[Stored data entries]
########################################

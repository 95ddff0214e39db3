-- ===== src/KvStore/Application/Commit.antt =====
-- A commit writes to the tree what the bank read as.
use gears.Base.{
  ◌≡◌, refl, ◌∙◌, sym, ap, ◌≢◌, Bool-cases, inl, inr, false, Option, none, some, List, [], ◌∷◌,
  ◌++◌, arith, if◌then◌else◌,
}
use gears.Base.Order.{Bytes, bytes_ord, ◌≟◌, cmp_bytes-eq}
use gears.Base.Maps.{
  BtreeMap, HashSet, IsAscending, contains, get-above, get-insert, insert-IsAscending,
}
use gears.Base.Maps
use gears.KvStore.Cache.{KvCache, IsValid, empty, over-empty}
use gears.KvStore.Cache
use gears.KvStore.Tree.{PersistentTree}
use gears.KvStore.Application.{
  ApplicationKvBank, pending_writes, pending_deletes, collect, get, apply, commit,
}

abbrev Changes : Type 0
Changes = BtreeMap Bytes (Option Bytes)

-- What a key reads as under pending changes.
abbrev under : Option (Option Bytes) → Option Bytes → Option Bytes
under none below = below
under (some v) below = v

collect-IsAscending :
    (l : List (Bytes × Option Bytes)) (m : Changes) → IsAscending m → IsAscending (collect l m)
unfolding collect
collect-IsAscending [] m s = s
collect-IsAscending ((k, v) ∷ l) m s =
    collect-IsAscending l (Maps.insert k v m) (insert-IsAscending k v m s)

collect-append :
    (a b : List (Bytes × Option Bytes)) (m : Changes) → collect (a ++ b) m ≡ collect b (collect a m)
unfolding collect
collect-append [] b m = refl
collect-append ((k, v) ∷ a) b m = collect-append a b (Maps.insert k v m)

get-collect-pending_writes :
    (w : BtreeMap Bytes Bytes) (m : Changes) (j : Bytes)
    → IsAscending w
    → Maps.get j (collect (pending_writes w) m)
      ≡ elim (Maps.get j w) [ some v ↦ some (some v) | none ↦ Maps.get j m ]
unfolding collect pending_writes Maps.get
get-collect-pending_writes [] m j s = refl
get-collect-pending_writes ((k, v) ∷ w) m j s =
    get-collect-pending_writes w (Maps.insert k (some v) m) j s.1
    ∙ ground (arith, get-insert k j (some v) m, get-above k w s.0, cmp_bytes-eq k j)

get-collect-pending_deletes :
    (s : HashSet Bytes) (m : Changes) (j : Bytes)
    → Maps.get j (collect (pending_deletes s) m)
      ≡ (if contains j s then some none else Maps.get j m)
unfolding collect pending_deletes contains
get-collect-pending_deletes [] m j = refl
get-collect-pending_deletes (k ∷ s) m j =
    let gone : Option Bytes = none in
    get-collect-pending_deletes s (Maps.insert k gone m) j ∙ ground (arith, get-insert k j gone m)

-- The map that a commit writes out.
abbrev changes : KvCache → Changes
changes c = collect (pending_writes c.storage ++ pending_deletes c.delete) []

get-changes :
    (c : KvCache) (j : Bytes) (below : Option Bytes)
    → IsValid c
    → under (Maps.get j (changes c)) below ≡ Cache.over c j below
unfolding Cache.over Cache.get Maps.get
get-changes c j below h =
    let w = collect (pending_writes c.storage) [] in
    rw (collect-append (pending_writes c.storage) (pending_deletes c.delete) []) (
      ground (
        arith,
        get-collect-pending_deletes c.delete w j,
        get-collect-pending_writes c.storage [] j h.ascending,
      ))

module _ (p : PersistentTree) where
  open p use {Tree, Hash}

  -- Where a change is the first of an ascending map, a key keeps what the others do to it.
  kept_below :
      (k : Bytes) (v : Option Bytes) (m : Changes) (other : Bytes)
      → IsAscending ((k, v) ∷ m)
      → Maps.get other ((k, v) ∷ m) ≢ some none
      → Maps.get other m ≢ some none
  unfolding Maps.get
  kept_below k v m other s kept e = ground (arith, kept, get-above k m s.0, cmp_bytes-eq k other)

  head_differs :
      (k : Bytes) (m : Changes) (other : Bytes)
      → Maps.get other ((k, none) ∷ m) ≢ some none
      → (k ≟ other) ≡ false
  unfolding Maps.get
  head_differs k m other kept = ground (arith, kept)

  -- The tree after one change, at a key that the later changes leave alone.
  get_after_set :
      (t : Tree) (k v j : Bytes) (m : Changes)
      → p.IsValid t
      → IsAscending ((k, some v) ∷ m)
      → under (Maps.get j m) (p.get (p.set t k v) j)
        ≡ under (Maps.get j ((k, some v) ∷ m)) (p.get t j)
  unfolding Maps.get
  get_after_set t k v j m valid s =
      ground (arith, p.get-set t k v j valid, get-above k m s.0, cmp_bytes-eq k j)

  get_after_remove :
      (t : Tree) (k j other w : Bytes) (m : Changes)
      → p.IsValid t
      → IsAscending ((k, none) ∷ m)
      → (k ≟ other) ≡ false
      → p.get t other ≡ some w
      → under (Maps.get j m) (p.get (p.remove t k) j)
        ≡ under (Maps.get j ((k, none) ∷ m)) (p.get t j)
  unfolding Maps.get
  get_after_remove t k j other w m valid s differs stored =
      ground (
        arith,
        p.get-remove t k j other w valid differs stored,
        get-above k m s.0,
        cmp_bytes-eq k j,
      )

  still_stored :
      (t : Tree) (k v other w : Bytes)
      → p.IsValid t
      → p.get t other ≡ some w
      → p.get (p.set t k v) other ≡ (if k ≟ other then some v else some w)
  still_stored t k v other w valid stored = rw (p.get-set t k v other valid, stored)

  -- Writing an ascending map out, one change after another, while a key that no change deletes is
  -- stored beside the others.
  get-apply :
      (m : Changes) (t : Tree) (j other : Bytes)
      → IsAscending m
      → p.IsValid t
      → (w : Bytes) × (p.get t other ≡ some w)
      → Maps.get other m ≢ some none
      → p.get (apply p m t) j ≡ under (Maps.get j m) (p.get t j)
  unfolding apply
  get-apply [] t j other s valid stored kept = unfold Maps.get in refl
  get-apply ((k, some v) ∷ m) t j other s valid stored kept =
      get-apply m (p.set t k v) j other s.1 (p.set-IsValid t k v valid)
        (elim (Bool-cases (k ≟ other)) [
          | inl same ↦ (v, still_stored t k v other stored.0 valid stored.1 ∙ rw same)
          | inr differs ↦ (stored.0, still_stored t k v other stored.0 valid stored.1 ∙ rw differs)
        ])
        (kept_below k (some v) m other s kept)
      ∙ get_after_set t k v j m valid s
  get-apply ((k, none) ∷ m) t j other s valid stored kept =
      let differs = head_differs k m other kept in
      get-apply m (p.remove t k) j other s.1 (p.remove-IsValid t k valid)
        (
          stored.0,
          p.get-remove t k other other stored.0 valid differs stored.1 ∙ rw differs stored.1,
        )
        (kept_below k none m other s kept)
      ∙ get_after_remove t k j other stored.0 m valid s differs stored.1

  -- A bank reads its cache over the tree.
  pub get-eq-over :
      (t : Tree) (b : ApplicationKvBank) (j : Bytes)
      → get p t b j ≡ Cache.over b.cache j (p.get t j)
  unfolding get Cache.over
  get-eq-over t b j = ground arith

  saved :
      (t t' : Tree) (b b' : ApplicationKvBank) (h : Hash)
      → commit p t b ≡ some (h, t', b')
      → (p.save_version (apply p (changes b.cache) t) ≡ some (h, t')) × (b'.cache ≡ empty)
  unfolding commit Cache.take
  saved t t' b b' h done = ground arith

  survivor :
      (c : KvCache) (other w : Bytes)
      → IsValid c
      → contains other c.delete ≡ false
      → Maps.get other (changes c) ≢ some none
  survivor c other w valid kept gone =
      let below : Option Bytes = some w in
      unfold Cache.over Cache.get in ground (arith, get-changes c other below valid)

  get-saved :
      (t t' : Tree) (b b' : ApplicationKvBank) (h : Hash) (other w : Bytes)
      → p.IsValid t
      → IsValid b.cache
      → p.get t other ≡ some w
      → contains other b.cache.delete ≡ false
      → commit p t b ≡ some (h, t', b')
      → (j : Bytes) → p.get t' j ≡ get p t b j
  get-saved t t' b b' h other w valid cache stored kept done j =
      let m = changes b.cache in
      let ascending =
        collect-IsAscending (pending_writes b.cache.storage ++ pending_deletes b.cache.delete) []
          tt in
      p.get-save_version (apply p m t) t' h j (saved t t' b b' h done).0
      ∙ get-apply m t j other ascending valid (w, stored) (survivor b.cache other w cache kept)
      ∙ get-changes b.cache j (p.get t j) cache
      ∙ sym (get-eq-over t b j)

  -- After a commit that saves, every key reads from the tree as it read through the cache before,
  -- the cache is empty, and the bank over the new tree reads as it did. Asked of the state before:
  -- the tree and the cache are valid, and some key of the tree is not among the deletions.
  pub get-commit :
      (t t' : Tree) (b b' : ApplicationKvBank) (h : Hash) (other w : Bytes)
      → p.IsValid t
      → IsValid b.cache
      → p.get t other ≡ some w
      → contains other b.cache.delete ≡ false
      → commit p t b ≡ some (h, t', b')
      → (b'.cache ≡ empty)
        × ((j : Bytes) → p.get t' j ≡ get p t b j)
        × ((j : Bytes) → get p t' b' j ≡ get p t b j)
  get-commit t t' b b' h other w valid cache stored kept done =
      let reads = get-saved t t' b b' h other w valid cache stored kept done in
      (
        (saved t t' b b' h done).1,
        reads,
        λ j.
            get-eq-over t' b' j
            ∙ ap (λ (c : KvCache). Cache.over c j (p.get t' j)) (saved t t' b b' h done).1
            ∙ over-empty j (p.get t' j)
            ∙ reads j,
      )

########################################

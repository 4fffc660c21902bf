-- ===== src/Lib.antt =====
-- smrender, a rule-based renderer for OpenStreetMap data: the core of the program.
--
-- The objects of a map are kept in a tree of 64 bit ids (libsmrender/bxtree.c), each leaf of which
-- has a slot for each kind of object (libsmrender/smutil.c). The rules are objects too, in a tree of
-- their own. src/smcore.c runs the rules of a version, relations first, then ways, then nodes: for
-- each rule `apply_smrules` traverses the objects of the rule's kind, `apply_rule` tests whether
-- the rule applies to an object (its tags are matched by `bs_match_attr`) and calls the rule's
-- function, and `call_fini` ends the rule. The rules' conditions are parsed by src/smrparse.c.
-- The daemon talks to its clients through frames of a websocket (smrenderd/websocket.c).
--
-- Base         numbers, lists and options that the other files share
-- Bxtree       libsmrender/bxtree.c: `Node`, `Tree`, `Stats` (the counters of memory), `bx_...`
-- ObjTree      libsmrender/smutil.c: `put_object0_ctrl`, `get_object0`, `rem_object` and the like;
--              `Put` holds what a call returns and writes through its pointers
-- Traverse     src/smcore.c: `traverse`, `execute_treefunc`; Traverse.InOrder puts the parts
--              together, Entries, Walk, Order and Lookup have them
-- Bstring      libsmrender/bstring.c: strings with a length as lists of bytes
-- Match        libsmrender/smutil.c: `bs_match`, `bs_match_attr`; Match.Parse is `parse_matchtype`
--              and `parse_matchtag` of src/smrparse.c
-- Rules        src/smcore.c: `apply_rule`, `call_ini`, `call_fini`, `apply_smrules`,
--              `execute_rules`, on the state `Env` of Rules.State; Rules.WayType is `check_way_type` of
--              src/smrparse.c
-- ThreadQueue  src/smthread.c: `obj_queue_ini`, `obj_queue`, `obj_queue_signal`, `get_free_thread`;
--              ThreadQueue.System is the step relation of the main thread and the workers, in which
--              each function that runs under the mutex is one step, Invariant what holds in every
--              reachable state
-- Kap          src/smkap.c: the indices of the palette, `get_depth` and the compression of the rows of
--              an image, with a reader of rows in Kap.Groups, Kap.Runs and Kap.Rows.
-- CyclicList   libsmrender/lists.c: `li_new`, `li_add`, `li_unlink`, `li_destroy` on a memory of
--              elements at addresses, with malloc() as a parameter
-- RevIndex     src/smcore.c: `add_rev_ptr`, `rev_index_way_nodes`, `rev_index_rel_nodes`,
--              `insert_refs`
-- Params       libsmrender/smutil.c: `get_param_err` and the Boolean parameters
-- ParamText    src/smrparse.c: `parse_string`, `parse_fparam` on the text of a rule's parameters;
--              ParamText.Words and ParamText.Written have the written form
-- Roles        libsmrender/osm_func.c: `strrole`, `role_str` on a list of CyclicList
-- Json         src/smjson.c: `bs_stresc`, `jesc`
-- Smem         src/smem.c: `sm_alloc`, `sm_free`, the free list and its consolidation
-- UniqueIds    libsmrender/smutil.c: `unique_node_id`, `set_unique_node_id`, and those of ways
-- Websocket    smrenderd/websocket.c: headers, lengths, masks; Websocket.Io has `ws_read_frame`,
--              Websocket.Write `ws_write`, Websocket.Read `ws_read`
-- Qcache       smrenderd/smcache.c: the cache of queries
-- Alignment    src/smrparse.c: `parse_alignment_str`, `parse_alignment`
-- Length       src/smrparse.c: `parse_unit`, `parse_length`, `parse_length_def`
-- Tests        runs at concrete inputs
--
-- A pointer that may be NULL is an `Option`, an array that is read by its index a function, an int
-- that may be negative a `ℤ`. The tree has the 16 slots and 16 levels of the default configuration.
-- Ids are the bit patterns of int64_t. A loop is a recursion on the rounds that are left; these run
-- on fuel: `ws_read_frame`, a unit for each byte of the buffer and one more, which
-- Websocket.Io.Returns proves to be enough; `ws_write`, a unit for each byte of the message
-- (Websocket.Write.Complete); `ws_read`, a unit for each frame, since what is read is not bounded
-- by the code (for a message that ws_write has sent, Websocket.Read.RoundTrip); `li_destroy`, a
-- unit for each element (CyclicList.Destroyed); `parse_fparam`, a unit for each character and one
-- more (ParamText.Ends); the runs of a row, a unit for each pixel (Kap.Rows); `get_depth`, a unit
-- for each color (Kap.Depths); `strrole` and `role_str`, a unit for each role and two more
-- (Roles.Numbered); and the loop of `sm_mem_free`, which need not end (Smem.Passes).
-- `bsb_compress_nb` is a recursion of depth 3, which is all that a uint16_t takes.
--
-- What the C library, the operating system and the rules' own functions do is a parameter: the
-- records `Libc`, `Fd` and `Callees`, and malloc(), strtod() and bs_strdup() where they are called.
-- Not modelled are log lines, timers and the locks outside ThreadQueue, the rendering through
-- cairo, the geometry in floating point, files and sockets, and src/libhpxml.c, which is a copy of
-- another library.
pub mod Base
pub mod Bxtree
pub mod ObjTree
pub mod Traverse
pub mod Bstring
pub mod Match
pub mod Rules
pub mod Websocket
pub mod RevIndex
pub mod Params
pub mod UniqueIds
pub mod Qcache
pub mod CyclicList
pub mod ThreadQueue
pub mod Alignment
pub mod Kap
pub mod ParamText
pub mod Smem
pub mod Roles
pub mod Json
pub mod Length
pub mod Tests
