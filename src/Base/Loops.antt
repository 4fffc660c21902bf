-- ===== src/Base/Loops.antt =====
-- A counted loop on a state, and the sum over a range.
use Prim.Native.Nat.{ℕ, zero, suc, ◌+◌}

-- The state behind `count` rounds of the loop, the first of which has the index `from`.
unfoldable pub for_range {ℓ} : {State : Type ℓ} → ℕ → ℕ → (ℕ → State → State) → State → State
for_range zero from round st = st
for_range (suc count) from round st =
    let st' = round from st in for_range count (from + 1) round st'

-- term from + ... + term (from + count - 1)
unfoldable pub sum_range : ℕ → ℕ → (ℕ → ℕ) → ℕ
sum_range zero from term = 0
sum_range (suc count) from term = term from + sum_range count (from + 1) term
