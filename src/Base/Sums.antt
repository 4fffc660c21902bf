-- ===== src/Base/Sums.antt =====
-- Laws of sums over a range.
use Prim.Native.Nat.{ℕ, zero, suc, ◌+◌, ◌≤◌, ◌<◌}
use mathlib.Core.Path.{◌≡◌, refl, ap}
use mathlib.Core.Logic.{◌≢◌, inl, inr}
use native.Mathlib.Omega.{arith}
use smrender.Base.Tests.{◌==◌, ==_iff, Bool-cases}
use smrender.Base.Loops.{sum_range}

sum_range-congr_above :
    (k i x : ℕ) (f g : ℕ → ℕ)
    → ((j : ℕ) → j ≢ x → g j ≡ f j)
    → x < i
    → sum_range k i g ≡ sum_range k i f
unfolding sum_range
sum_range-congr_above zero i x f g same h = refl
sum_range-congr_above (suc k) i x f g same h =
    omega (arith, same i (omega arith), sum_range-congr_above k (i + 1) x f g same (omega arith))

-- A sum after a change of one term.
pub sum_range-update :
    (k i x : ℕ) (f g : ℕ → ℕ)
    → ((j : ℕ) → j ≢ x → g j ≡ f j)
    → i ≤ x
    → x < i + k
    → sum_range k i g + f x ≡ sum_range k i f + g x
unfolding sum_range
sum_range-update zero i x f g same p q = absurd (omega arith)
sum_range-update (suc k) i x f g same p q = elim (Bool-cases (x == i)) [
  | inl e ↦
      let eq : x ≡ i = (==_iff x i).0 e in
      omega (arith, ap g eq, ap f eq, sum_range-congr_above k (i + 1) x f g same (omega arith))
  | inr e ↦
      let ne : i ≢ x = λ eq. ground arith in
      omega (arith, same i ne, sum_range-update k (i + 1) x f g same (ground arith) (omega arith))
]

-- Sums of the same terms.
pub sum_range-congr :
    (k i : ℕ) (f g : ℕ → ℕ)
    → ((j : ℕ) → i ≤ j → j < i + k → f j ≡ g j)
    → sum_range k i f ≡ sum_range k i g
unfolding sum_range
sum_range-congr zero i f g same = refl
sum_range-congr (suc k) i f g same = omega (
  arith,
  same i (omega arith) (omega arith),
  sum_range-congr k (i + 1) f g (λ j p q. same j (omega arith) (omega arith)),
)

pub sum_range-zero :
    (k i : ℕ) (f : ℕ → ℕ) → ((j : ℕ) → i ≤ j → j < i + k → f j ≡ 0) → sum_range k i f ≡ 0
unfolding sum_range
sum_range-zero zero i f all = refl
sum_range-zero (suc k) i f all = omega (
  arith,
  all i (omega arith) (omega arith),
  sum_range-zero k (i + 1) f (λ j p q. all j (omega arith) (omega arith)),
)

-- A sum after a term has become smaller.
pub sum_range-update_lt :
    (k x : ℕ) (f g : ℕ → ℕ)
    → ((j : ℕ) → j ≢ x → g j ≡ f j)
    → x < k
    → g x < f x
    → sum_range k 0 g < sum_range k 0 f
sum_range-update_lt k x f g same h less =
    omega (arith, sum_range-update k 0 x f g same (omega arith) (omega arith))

########################################

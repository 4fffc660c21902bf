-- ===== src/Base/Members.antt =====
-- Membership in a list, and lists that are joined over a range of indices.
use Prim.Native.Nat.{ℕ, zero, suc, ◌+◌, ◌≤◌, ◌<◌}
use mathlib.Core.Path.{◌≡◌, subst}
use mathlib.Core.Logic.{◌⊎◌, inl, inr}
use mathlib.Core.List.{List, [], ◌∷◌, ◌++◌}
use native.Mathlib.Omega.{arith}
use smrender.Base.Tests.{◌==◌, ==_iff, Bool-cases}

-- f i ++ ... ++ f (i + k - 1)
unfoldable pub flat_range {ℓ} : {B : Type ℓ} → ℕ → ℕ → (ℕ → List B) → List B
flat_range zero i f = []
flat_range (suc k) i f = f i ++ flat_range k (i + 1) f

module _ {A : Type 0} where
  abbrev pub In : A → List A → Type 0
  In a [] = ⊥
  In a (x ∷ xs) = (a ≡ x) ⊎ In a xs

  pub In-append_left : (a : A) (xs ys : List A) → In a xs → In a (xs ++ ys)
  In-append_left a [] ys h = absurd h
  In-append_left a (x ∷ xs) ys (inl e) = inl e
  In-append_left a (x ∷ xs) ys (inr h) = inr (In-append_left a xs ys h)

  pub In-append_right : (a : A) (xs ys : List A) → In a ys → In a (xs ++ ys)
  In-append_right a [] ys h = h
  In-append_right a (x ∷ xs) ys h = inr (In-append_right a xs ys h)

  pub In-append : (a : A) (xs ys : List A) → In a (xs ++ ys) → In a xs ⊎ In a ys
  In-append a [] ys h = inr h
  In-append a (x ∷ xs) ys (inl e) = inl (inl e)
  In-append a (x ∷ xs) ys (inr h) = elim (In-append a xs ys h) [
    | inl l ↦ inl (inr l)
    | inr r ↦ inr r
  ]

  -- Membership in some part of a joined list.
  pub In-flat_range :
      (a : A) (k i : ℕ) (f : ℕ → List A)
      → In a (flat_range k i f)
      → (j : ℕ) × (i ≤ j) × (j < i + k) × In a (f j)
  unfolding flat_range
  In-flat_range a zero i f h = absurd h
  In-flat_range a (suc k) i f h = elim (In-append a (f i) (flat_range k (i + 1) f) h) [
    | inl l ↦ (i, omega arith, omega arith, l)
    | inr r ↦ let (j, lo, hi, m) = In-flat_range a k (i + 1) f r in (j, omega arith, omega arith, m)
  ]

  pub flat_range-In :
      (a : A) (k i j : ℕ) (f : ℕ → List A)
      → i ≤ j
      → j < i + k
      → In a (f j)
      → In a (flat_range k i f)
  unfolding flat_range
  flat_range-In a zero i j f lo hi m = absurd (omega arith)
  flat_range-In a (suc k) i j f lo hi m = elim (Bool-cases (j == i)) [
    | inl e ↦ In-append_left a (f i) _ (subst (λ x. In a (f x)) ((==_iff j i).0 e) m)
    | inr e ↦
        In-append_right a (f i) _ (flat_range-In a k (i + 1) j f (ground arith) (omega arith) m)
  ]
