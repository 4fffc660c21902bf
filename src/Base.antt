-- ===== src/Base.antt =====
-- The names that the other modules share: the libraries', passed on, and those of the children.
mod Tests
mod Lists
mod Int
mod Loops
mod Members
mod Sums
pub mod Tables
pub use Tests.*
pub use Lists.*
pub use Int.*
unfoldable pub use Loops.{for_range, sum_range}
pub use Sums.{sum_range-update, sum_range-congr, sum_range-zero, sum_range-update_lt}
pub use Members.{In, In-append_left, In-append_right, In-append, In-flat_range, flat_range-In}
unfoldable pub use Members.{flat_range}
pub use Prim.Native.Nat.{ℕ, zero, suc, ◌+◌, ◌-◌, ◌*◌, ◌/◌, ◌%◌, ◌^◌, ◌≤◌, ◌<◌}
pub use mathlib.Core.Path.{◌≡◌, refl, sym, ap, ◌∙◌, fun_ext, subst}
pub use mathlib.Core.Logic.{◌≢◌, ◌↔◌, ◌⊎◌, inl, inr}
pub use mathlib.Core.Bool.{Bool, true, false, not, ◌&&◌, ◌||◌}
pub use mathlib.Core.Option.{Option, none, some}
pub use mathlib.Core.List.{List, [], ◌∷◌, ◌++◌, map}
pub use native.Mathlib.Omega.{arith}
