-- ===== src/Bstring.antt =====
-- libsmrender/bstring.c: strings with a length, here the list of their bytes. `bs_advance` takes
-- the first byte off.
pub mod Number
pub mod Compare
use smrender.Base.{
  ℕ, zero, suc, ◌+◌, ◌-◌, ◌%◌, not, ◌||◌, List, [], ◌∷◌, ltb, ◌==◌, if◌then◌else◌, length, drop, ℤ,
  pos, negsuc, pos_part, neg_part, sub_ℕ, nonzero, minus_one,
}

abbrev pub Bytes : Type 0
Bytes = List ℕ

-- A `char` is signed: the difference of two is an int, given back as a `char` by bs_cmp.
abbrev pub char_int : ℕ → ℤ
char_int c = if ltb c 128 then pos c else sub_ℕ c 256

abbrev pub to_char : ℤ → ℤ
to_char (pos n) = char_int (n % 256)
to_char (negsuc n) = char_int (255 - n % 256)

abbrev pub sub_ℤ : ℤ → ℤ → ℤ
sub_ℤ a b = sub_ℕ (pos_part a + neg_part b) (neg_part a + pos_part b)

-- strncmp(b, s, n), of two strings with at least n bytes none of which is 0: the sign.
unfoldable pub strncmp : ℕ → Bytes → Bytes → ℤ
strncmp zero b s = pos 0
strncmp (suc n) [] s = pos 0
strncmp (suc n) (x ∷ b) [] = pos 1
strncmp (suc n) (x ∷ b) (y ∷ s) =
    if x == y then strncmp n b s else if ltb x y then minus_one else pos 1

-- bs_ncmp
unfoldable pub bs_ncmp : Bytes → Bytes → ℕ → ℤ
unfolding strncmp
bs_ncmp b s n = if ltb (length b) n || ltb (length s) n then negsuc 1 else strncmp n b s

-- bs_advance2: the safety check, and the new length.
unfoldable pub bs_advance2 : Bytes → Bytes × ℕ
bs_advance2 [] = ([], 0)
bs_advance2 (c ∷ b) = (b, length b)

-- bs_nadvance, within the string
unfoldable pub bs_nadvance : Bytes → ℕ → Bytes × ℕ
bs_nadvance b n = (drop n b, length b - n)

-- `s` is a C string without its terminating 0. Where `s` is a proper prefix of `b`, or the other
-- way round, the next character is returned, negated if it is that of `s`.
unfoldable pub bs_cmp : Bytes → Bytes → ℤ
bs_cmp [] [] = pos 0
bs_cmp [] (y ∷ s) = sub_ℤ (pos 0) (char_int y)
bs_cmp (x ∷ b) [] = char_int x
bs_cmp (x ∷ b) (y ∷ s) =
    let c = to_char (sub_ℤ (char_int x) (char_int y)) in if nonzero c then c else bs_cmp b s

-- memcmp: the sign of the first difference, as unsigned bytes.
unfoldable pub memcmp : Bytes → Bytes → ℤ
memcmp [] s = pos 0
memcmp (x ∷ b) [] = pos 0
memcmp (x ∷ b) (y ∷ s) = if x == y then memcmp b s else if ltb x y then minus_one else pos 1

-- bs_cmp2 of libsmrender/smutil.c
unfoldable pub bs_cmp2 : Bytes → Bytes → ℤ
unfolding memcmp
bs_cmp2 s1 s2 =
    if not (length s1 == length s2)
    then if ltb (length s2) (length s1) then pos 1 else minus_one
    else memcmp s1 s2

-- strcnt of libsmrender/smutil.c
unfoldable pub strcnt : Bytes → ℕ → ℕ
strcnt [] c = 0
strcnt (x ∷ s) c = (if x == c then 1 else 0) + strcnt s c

########################################

Task brief:
Copy out every line of the entries where the string "step" shows up.

Completed exercise:
--              ThreadQueue.System is the step relation of the main thread and the workers, in which
--              each function that runs under the mutex is one step, Invariant what holds in every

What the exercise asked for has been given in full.